Instituto de Ciências Matemáticas e de Computação-USP

Acervos digitais: reflexões baseadas em minha experiência com bibliotecas digitais

Minha experiência em relação ao armazenamento digital e difusão pela web de conteúdos completos de documentos – e não apenas de referências bibliográficas, como as do sistema Dedalus, da USP – ocorreu pela coordenação de dois projetos de bibliotecas digitais da Universidade de São Paulo: a biblioteca de teses e dissertações e a biblioteca de obras raras e especiais, sendo portanto nessa mídia que este texto se concentra. Enquanto a primeira preserva a produção intelectual contemporânea da USP, a segunda preserva a produção intelectual de sábios, pesquisadores e viajantes da antigüidade (www.saber.usp.br) e tem muita similaridade com os acervos fotográficos tratados pelo autor do texto O futuro do presente: acervos fotográficos diante do horizonte digital. Conseqüentemente minha experiência será usada para ilustrar e discutir algumas das questões formuladas no artigo citado. A experiência da biblioteca de teses e dissertações foi relatada em artigo publicado na revista Ciência da informação e tem facilitado a multiplicação desse tipo de biblioteca em outras universidades. Serviu também como base para a criação da Biblioteca Digital Brasileira de Teses e Dissertações (BDTD), do Ministério da Ciência e Tecnologia (MCT)/Instituto Brasileiro de informação em Ciência e Tecnologia (IBICT).

À provocação do autor sobre a demanda ou público-alvo para projetos desse tipo, não tenho dúvida em afirmar que os dois aspectos desse empreendimento que mais me motivaram foram a universalização e a preservação. A possibilidade de tornar disponível para todo brasileiro, em qualquer parte do país, o acesso àquelas obras maravilhosas que caso contrário ficariam guardadas – e quase intocáveis – em suas bibliotecas foi a principal motivação. A universalização do acesso ao conteúdo cultural e intelectual permitido pela Internet é, a meu ver, um dos avanços mais importantes do mundo atual. Desviandome um pouco do tema, é interessante perceber que a própria Internet já possui parte de sua memória conservada por um colecionador/investidor que montou um sistema para coletar e armazenar as páginas iniciais de muitos sítios. Se você quiser saber, por exemplo, qual era o design do sítio na Internet da empresa Coca Cola em 1995-96, isso é possível!
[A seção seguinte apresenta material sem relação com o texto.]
-- ===== src/Drain.antt =====
-- How the blocks of a drained or recovered log become chunks: the part that `WriteWALToChunkCtx`,
-- `WriteShardedWALToChunkCtx` and `RecoverLocalWALs` of viperblock/viperblock.go share. The newest
-- record of each block is kept, the blocks are sorted, and cut into chunks. `Drain.Chunk` models
-- what `createChunkFile` does with one chunk.
pub mod Order
pub mod Newest
pub mod Cut
pub mod Chunk
use viperblock.Prelude.{
  ℕ, zero, suc, ◌+◌, Bool, true, false, Option, none, some, List, [], ◌∷◌, ◌++◌, ltb, leb,
  if◌then◌else◌, length, get_elem?,
}
use viperblock.Bytes.{Bytes}
use viperblock.Dict.{Dict, find, insert}
use viperblock.Store.Census.{Block}

-- `BlockOptimised`
pub record BlockOptimised : Type 0 where
  pub seq_num : ℕ
  pub index : ℕ

-- `!ok || existing.SeqNum < block.SeqNum`
abbrev pub supersedes : ℕ → Option BlockOptimised → Bool
supersedes seq_num none = true
supersedes seq_num (some existing) = ltb existing.seq_num seq_num

-- one round of the loop that fills `blocksMap`
unfoldable pub note : ℕ → Block → Dict BlockOptimised → Dict BlockOptimised
note i block m =
    if supersedes block.seq_num (find block.block m)
    then insert block.block (record { seq_num = block.seq_num; index = i }) m
    else m

-- the loop, for the blocks from index `i` on
unfoldable pub blocks_map : ℕ → List Block → Dict BlockOptimised → Dict BlockOptimised
blocks_map i [] m = m
blocks_map i (block ∷ blocks) m = blocks_map (suc i) blocks (note i block m)

-- `&blocks[block.Index]`, for the entries of the map in its order
unfoldable pub picked : List Block → Dict BlockOptimised → List Block
picked blocks [] = []
picked blocks ((k, o) ∷ m) =
    let rest = picked blocks m in
    elim (get_elem? blocks o.index) [ none ↦ rest | some block ↦ block ∷ rest ]

-- `sort.Slice` by block number, on blocks that are all different
unfoldable pub insert_block : Block → List Block → List Block
insert_block b [] = b ∷ []
insert_block b (x ∷ xs) =
    let rest = insert_block b xs in if leb b.block x.block then b ∷ x ∷ xs else x ∷ rest

unfoldable pub sort_blocks : List Block → List Block
sort_blocks [] = []
sort_blocks (b ∷ bs) = insert_block b (sort_blocks bs)

-- `sortedBlocks`
unfoldable pub sorted_blocks : List Block → List Block
sorted_blocks blocks = sort_blocks (picked blocks (blocks_map 0 blocks []))

-- `chunkJob`
pub record ChunkJob : Type 0 where
  pub buf : Bytes
  pub blocks : List Block

-- the block without its data, as it is handed on
abbrev pub matched : Block → Block
matched block = record { seq_num = block.seq_num; block = block.block; len = 0; bytes = [] }

-- The loop that fills `chunkBuffer` and `matchedBlocks` and submits them where the buffer is full,
-- and the submission of what remains.
unfoldable pub cut_chunks : ℕ → Bytes → List Block → List Block → List ChunkJob
cut_chunks obj_block_size buf blocks [] =
    if ltb 0 (length buf) then record { buf = buf; blocks = blocks } ∷ [] else []
cut_chunks obj_block_size buf blocks (b ∷ bs) =
    elim (leb obj_block_size (length (buf ++ b.bytes))) [
      | true ↦
          record { buf = buf ++ b.bytes; blocks = blocks ++ (matched b ∷ []) }
          ∷ cut_chunks obj_block_size [] [] bs
      | false ↦ cut_chunks obj_block_size (buf ++ b.bytes) (blocks ++ (matched b ∷ [])) bs
    ]

-- the chunks of the blocks that a log held
unfoldable pub chunk_jobs : ℕ → List Block → List ChunkJob
chunk_jobs obj_block_size blocks = cut_chunks obj_block_size [] [] (sorted_blocks blocks)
Voltando ao nosso tema, a minha segunda motivação foi a possibilidade de preservar, em princípio para sempre, em meio digital, essas obras, uma vez que as obras originais, em papel, deterioram-se com o passar do tempo e estão sujeitas à destruição que pode ser causada pela natureza ou por vândalos. Entretanto, a preservação digital não é garantida sem algum esforço e custo, pois a tecnologia de armazenamento muda muito rapidamente, basta lembrar nos últimos 20 anos dos disquetes de oito polegadas, depois substituídos pelos de cinco polegadas, pelos CD-ROMs e agora pelos DVDs. Mas um simples cuidado resolve esse problema: migrar os arquivos digitais à medida que a tecnologia muda.
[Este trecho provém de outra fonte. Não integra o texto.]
-- ===== src/Runs.antt =====
-- How `MarkPersistedRange` and `SetPersistedRange` of viperblock/blockstore.go cut a list of blocks
-- into runs and install each run as one extent. The slices `blocks`, `seqNums` and `eligible` are
-- walked together, as a list of items.
pub mod Cut
pub mod Install
pub mod Place
use viperblock.Prelude.{
  ℕ, zero, suc, ◌+◌, ◌%◌, Bool, ◌&&◌, List, [], ◌∷◌, map, ltb, ◌==◌, if◌then◌else◌, take, drop,
}
use viperblock.Words.{u16, add32, add64, mul32}
use viperblock.Dict.{Dict, insert}
use viperblock.Extents.{Extent, fracture_overlaps}

pub record Item : Type 0 where
  pub block : ℕ
  pub seq : ℕ
  pub eligible : Bool

abbrev pub seqs : List Item → List ℕ
seqs = map (λ x. x.seq)

-- the largest run, so that its length fits 16 bits
abbrev pub max_run : ℕ
max_run = 65535

-- The inner loop: `n` is `j - i`, and `first` is `blocks[i]`. In `SetPersistedRange`, where `j`
-- starts at `i + 1` and every block is eligible, the first round is left out; it always passes.
unfoldable pub run_length : ℕ → ℕ → List Item → ℕ
run_length first n [] = n
run_length first n (x ∷ xs) =
    let longer = run_length first (suc n) xs in
    if x.eligible && (ltb n max_run && (x.block == add64 first n)) then longer else n

-- What one call places: the chunk, the offset of its first block, and the bytes to a block.
pub record Placement : Type 0 where
  pub object_id : ℕ
  pub object_offset : ℕ
  pub stride : ℕ

-- `objectOffset + uint32(i)*stride`; the truncation of `i` is lost in that of the product.
abbrev pub place_offset : Placement → ℕ → ℕ
place_offset p i = add32 p.object_offset (mul32 i p.stride)

-- `run`, of the `n` items that start `xs`, the first of which has index `i`
abbrev pub run_extent : Placement → ℕ → ℕ → ℕ → List Item → Extent
run_extent p i first n xs = record {
  seq_nums = take n (seqs xs);
  start_block = first;
  object_id = p.object_id;
  object_offset = place_offset p i;
  stride = p.stride;
  num_blocks = n % u16;
}

-- `ubs.fractureOverlapsLocked(run.startBlock, run.numBlocks)` and the insertion
unfoldable pub install : Extent → Dict Extent → Dict Extent
install run m = insert run.start_block run (fracture_overlaps run.start_block run.num_blocks m)

-- The outer loop at index `i`, `xs` being the items from `i` on. The fuel bounds the rounds; as many
-- as there are items suffice.
unfoldable pub install_runs : Placement → ℕ → ℕ → List Item → Dict Extent → Dict Extent
install_runs p zero i xs m = m
install_runs p (suc fuel) i [] m = m
install_runs p (suc fuel) i (x ∷ xs) m =
    let n = run_length x.block 0 (x ∷ xs) in
    let skipped = install_runs p fuel (i + 1) xs m in
    let placed =
      install_runs p fuel (i + n) (drop n (x ∷ xs))
        (install (run_extent p i x.block n (x ∷ xs)) m) in
    if x.eligible then placed else skipped
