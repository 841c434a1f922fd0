-- ===== src/Lookup/Coalesce.antt =====
-- `coalesceBlockLookup`: the runs of a flat map, rebuilt from where its blocks lie.
use viperblock.Prelude.{
  ℕ, zero, suc, Bool, ◌&&◌, none, some, List, [], ◌∷◌, leb, ◌==◌, if◌then◌else◌, length,
}
use viperblock.Words.{add32, add64}
use viperblock.Dict.{Dict, find, insert, keys}
use viperblock.Conversions.{ℤ, safe_int_to_uint16}
use viperblock.Lookup.{BlockLookup}

-- `BlockLookup{}`

abbrev pub zero_lookup : BlockLookup
zero_lookup = record {
  seq_nums = [];
  start_block = 0;
  object_id = 0;
  seq_num = 0;
  object_offset = 0;
  num_blocks = 0;
}

-- `flat[key]`
abbrev pub get : ℕ → Dict BlockLookup → BlockLookup
get key m = elim (find key m) [ none ↦ zero_lookup | some bl ↦ bl ]

-- `slices.Sort`, on keys that are all different
unfoldable pub insert_sorted : ℕ → List ℕ → List ℕ
insert_sorted k [] = k ∷ []
insert_sorted k (x ∷ xs) = let rest = insert_sorted k xs in if leb k x then k ∷ x ∷ xs else x ∷ rest

unfoldable pub sort : List ℕ → List ℕ
sort [] = []
sort (k ∷ ks) = insert_sorted k (sort ks)

-- `cand` comes right after `prev` in the object of `first`.
abbrev pub adjoins : BlockLookup → BlockLookup → ℕ → BlockLookup → Bool
adjoins first prev stride cand =
    (cand.start_block == add64 prev.start_block 1)
    && (cand.object_id == first.object_id)
    && (cand.object_offset == add32 prev.object_offset stride)

-- the inner loop: the sequence numbers after the first one, and the keys left
unfoldable pub take_run :
    Dict BlockLookup → BlockLookup → BlockLookup → ℕ → List ℕ → List ℕ × List ℕ
take_run flat first prev stride [] = ([], [])
take_run flat first prev stride (k ∷ ks) =
    let cand = get k flat in
    let (nums, left) = take_run flat first cand stride ks in
    if adjoins first prev stride cand then (cand.seq_num ∷ nums, left) else ([], k ∷ ks)

-- the entry `merged` of a run
abbrev pub merge : BlockLookup → List ℕ → BlockLookup
merge first seq_nums = record {
  start_block = first.start_block;
  num_blocks = safe_int_to_uint16 (ℤ.pos (length seq_nums));
  object_id = first.object_id;
  object_offset = first.object_offset;
  seq_num = first.seq_num;
  seq_nums = seq_nums;
}

-- the outer loop, which takes at least one key in each round
unfoldable pub coalesce_keys :
    ℕ → Dict BlockLookup → ℕ → List ℕ → Dict BlockLookup → Dict BlockLookup
coalesce_keys zero flat stride ks out = out
coalesce_keys (suc fuel) flat stride [] out = out
coalesce_keys (suc fuel) flat stride (k ∷ ks) out =
    let first = get k flat in
    let (nums, left) = take_run flat first first stride ks in
    let merged = merge first (first.seq_num ∷ nums) in
    coalesce_keys fuel flat stride left (insert merged.start_block merged out)

-- `coalesceBlockLookup`
unfoldable pub coalesce_block_lookup : Dict BlockLookup → ℕ → Dict BlockLookup
coalesce_block_lookup flat stride =
    let ks = sort (keys flat) in coalesce_keys (length ks) flat stride ks []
Um projeto como o da biblioteca de obras raras da USP não é muito diferente dos vários projetos relacionados à memória fotográfica paulista descritos pelo autor. A primeira dificuldade é que se trata sempre de um projeto caro, e os órgãos que detêm os originais quase sempre não possuem orçamento suficiente para essa finalidade. É preciso então buscar recursos externos, por meio de órgãos públicos de fomento ou patrocinadores privados. Há o custo dos equipamentos necessários para a digitalização e o dos profissionais envolvidos. Para o nosso projeto contratamos uma empresa especializada em fazer fotografia digital de livros raros e outros documentos similares e dar ao arquivo resultante um tratamento adequado para atender aos requisitos de qualidade da reprodução, que em nosso caso era muito alto. Como o recurso captado para a implantação da biblioteca era pouco, foi digitalizada uma pequena parte do acervo e atualmente buscamos alternativas para a expansão desse trabalho como novos patrocinadores e o uso de equipamentos internos disponíveis no Instituto de Estudos Brasileiros para que possamos no futuro fazer todo o processo com equipe própria.
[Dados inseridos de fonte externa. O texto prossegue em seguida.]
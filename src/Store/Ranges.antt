-- ===== src/Store/Ranges.antt =====
-- `MarkPersistedRange`, pass by pass, and `SetPersistedRange`. What they do to the extent index is
-- modelled in `Runs`.
use viperblock.Prelude.{
  ℕ, suc, Bool, true, false, not, ◌&&◌, ◌||◌, none, some, List, [], ◌∷◌, length, ◌==◌,
  if◌then◌else◌,
}
use viperblock.Words.{add64}
use viperblock.Block.{BlockState, same_state}
use viperblock.Runs.{Item, Placement, install_runs}
use viperblock.Store.{Store, entry, remove}

-- still Pending, under the sequence number that the chunk sealed
unfoldable pub is_sealed : Store → ℕ → ℕ → Bool
is_sealed s b seq = elim (entry s b) [
  | none ↦ false
  | some e ↦ same_state e.state BlockState.pending && (e.seq_num == seq)
]

-- pass 1
unfoldable pub predict : Store → List ℕ → List ℕ → List Item
predict s [] seqs = []
predict s (b ∷ bs) [] = []
predict s (b ∷ bs) (q ∷ qs) =
    record { block = b; seq = q; eligible = is_sealed s b q } ∷ predict s bs qs

unfoldable pub any_eligible : List Item → Bool
any_eligible [] = false
any_eligible (x ∷ xs) = x.eligible || any_eligible xs

-- pass 2
unfoldable pub publish : Placement → List Item → Store → Store
publish p items s = record s { extents = install_runs p (length items) 0 items s.extents }

-- pass 3, with the number of entries removed
unfoldable pub finalize : List Item → Store → Store × ℕ
finalize [] s = (s, 0)
finalize (x ∷ xs) s =
    let hit = x.eligible && is_sealed s x.block x.seq in
    let (s', transitioned) = finalize xs (if hit then remove s x.block else s) in
    (s', if hit then suc transitioned else transitioned)

-- passes 2 and 3, and the statistics
unfoldable pub seal_items : Placement → List Item → Store → Store × ℕ
seal_items p items s =
    let (s', transitioned) = finalize items (publish p items s) in
    let c = s'.stats in
    (record s' { stats = record c { writes = add64 c.writes transitioned } }, transitioned)

-- `MarkPersistedRange`
unfoldable pub mark_persisted_range : Store → List ℕ → Placement → List ℕ → Store × ℕ
mark_persisted_range s blocks p seqs =
    let items = predict s blocks seqs in
    let sealed = seal_items p items s in
    if (length blocks == 0) || not (length blocks == length seqs)
    then (s, 0)
    else if any_eligible items
    then sealed
    else (s, 0)

unfoldable pub all_items : List ℕ → List ℕ → List Item
all_items [] seqs = []
all_items (b ∷ bs) [] = []
all_items (b ∷ bs) (q ∷ qs) = record { block = b; seq = q; eligible = true } ∷ all_items bs qs

-- `SetPersistedRange`
unfoldable pub set_persisted_range : Store → List ℕ → Placement → List ℕ → Store
set_persisted_range s blocks p seqs =
    if (length blocks == 0) || not (length blocks == length seqs)
    then s
    else publish p (all_items blocks seqs) s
A equipe para um projeto desse tipo é multidisciplinar e geralmente numerosa. Facilitou o nosso trabalho o fato do Sistema Integrado de Bibliotecas da USP já ter feito anteriormente ao início do projeto o levantamento das obras raras do acervo da universidade, a catalogação e a definição dos descritores para esse tipo de obra, que estão reunidos na coleção denominada Bibliotheca Universitatis, publicada pela Edusp. A passagem dos livros raros para o meio eletrônico, portanto, exigiu mais do que a simples transcrição dos descritores bibliográficos usuais. O trabalho em si envolveu um grupo grande de bibliotecárias e uma especialista em obras raras que definiu o conjunto inicial de obras a serem digitalizadas, uma vez que não poderíamos digitalizar todas. Alguns dos critérios para essa escolha foram a importância da obra, a ausência de cópia digital em outra biblioteca, a abrangência de várias áreas do conhecimento e a priorização dos livros sobre a História do Brasil. O projeto contou também com especialistas em informática, que já tinham experiência por terem desenvolvido a biblioteca de teses e dissertações. No caso de acervos fotográficos, principalmente trabalhando-se com negativos, a necessidade de especialistas para manipular os originais é uma necessidade adicional às comentadas acima.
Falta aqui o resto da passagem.